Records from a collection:
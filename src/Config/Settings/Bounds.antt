-- ===== src/Config/Settings/Bounds.antt =====
-- What `Validate` guarantees of the settings that it accepts.
use remote_s3_bucket_plugin.Table.{Text, text_eq}
use remote_s3_bucket_plugin.Config.Source.{is_empty}
use remote_s3_bucket_plugin.Config.Settings.{
  Settings, attr_full, attr_fast, Environment, cache_base, cache_name, default_cache_dir,
  SettingsError, at_least_one, normalize, refuse_settings, valid, invalid, validate,
}
use remote_s3_bucket_plugin.Prelude.{
  ◌≡◌, refl, sym, ap, subst, ◌∙◌, inl, inr, true, false, ◌||◌, none, some, [], ◌∷◌, ◌++◌,
  Bool-cases, Option-cases, check_passed, not-false, set, codes, leb_ℤ, ℤ, pos,
}

-- Blocks of 64 KiB and parts of 5 MiB at least, a worker for each kind of work, and no name missing.
pub record IsSound (g : Settings) : Type 0 where
  pub bucket : is_empty g.bucket ≡ false
  pub mountpoint : is_empty g.mountpoint ≡ false
  pub attr_mode : (text_eq g.attr_mode attr_full || text_eq g.attr_mode attr_fast) ≡ true
  pub block_size : leb_ℤ (pos 65536) g.block_size ≡ true
  pub part_size : leb_ℤ (pos 5242880) g.part_size ≡ true
  pub attr_workers : leb_ℤ (pos 1) g.attr_workers ≡ true
  pub upload_concurrency : leb_ℤ (pos 1) g.upload_concurrency ≡ true
  pub upload_workers : leb_ℤ (pos 1) g.upload_workers ≡ true
  pub cache_dir : is_empty g.cache_dir ≡ false

at_least_one_lem : (n : ℤ) → leb_ℤ (pos 1) (at_least_one n) ≡ true
unfolding at_least_one
at_least_one_lem n = elim (Bool-cases (leb_ℤ (pos 1) n)) [
  | inl big ↦ rw big big
  | inr small ↦ rw small refl
]

at_least_one_twice : (n : ℤ) → at_least_one (at_least_one n) ≡ at_least_one n
unfolding at_least_one
at_least_one_twice n = elim (Bool-cases (leb_ℤ (pos 1) n)) [
  | inl big ↦ rw (big, big) refl
  | inr small ↦ rw small refl
]

inside : (a b : Text) → is_empty b ≡ false → is_empty (a ++ b) ≡ false
inside [] b h = h
inside (y ∷ a) b h = refl

default_cache_dir-named :
    (env : Environment) (b p : Text) → is_empty (default_cache_dir env b p) ≡ false
unfolding default_cache_dir
default_cache_dir-named env b p = inside (cache_base env) (codes "/s3disk/" ++ cache_name b p) refl

cache_dir_set : (env : Environment) (g : Settings) → is_empty (normalize env g).cache_dir ≡ false
unfolding normalize
cache_dir_set env g = elim (Bool-cases (is_empty g.cache_dir)) [
  | inl unset ↦ rw unset (default_cache_dir-named env g.bucket g.prefix)
  | inr set ↦ rw set set
]

pub accepted-IsSound :
    (env : Environment) (g : Settings) → refuse_settings g ≡ none → IsSound (normalize env g)
unfolding refuse_settings normalize
accepted-IsSound env g h =
    let (bucket, h1) = check_passed _ _ _ h in
    let (mountpoint, h2) = check_passed _ _ _ h1 in
    let (attr_mode, h3) = check_passed _ _ _ h2 in
    let (block_size, h4) = check_passed _ _ _ h3 in
    let (part_size, h5) = check_passed _ _ _ h4 in
    record {
      bucket = bucket;
      mountpoint = mountpoint;
      attr_mode = not-false _ attr_mode;
      block_size = not-false _ block_size;
      part_size = not-false _ part_size;
      attr_workers = at_least_one_lem g.attr_workers;
      upload_concurrency = at_least_one_lem g.upload_concurrency;
      upload_workers = at_least_one_lem g.upload_workers;
      cache_dir = cache_dir_set env g;
    }

normalize_twice :
    (env : Environment) (g : Settings) → normalize env (normalize env g) ≡ normalize env g
unfolding normalize
normalize_twice env g = simp (
  at_least_one_twice g.attr_workers,
  at_least_one_twice g.upload_concurrency,
  at_least_one_twice g.upload_workers,
  cache_dir_set env g,
)

pub validate-accepted :
    (env : Environment) (g : Settings)
    → refuse_settings g ≡ none
    → validate env g ≡ valid (normalize env g)
unfolding validate
validate-accepted env g h = rw (h, validate) refl

pub validate-refused :
    (env : Environment) (g : Settings) (err : SettingsError)
    → refuse_settings g ≡ some err
    → validate env g ≡ invalid err
unfolding validate
validate-refused env g err h = rw (h, validate) refl

same_checks :
    (env : Environment) (g : Settings) → refuse_settings (normalize env g) ≡ refuse_settings g
unfolding refuse_settings normalize
same_checks env g = refl

validate-normalize :
    (env : Environment) (g : Settings)
    → refuse_settings g ≡ none
    → IsSound (normalize env g) × (validate env (normalize env g) ≡ valid (normalize env g))
validate-normalize env g h = (
  accepted-IsSound env g h,
  validate-accepted env (normalize env g) (same_checks env g ∙ h)
      ∙ ap valid (normalize_twice env g),
)

-- The settings that `Validate` accepts are sound, and accepted again as they are.
pub validate-IsSound :
    (env : Environment) (g g' : Settings)
    → validate env g ≡ valid g'
    → IsSound g' × (validate env g' ≡ valid g')
validate-IsSound env g g' h = elim (Option-cases (refuse_settings g)) [
  | inr (err, refused) ↦
      let bad : invalid err ≡ valid g' = sym (validate-refused env g err refused) ∙ h in
      let wrong : ⊥ = cc in absurd wrong
  | inl accepted ↦
      let found : valid (normalize env g) ≡ valid g' = sym (validate-accepted env g accepted) ∙ h in
      let is : normalize env g ≡ g' = cc in
      subst (λ x. IsSound x × (validate env x ≡ valid x)) is (validate-normalize env g accepted)
]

EXERCISE OBJECTIVE –
Start at the line containing "g ≡ invalid err" and copy each line through the last one in the records, exactly and with nothing added.

OUTPUT OF THE EXERCISE –
    → validate env g ≡ invalid err
unfolding validate
validate-refused env g err h = rw (h, validate) refl

same_checks :
    (env : Environment) (g : Settings) → refuse_settings (normalize env g) ≡ refuse_settings g
unfolding refuse_settings normalize
same_checks env g = refl

validate-normalize :
    (env : Environment) (g : Settings)
    → refuse_settings g ≡ none
    → IsSound (normalize env g) × (validate env (normalize env g) ≡ valid (normalize env g))
validate-normalize env g h = (
  accepted-IsSound env g h,
  validate-accepted env (normalize env g) (same_checks env g ∙ h)
      ∙ ap valid (normalize_twice env g),
)

-- The settings that `Validate` accepts are sound, and accepted again as they are.
pub validate-IsSound :
    (env : Environment) (g g' : Settings)
    → validate env g ≡ valid g'
    → IsSound g' × (validate env g' ≡ valid g')
validate-IsSound env g g' h = elim (Option-cases (refuse_settings g)) [
  | inr (err, refused) ↦
      let bad : invalid err ≡ valid g' = sym (validate-refused env g err refused) ∙ h in
      let wrong : ⊥ = cc in absurd wrong
  | inl accepted ↦
      let found : valid (normalize env g) ≡ valid g' = sym (validate-accepted env g accepted) ∙ h in
      let is : normalize env g ≡ g' = cc in
      subst (λ x. IsSound x × (validate env x ≡ valid x)) is (validate-normalize env g accepted)
]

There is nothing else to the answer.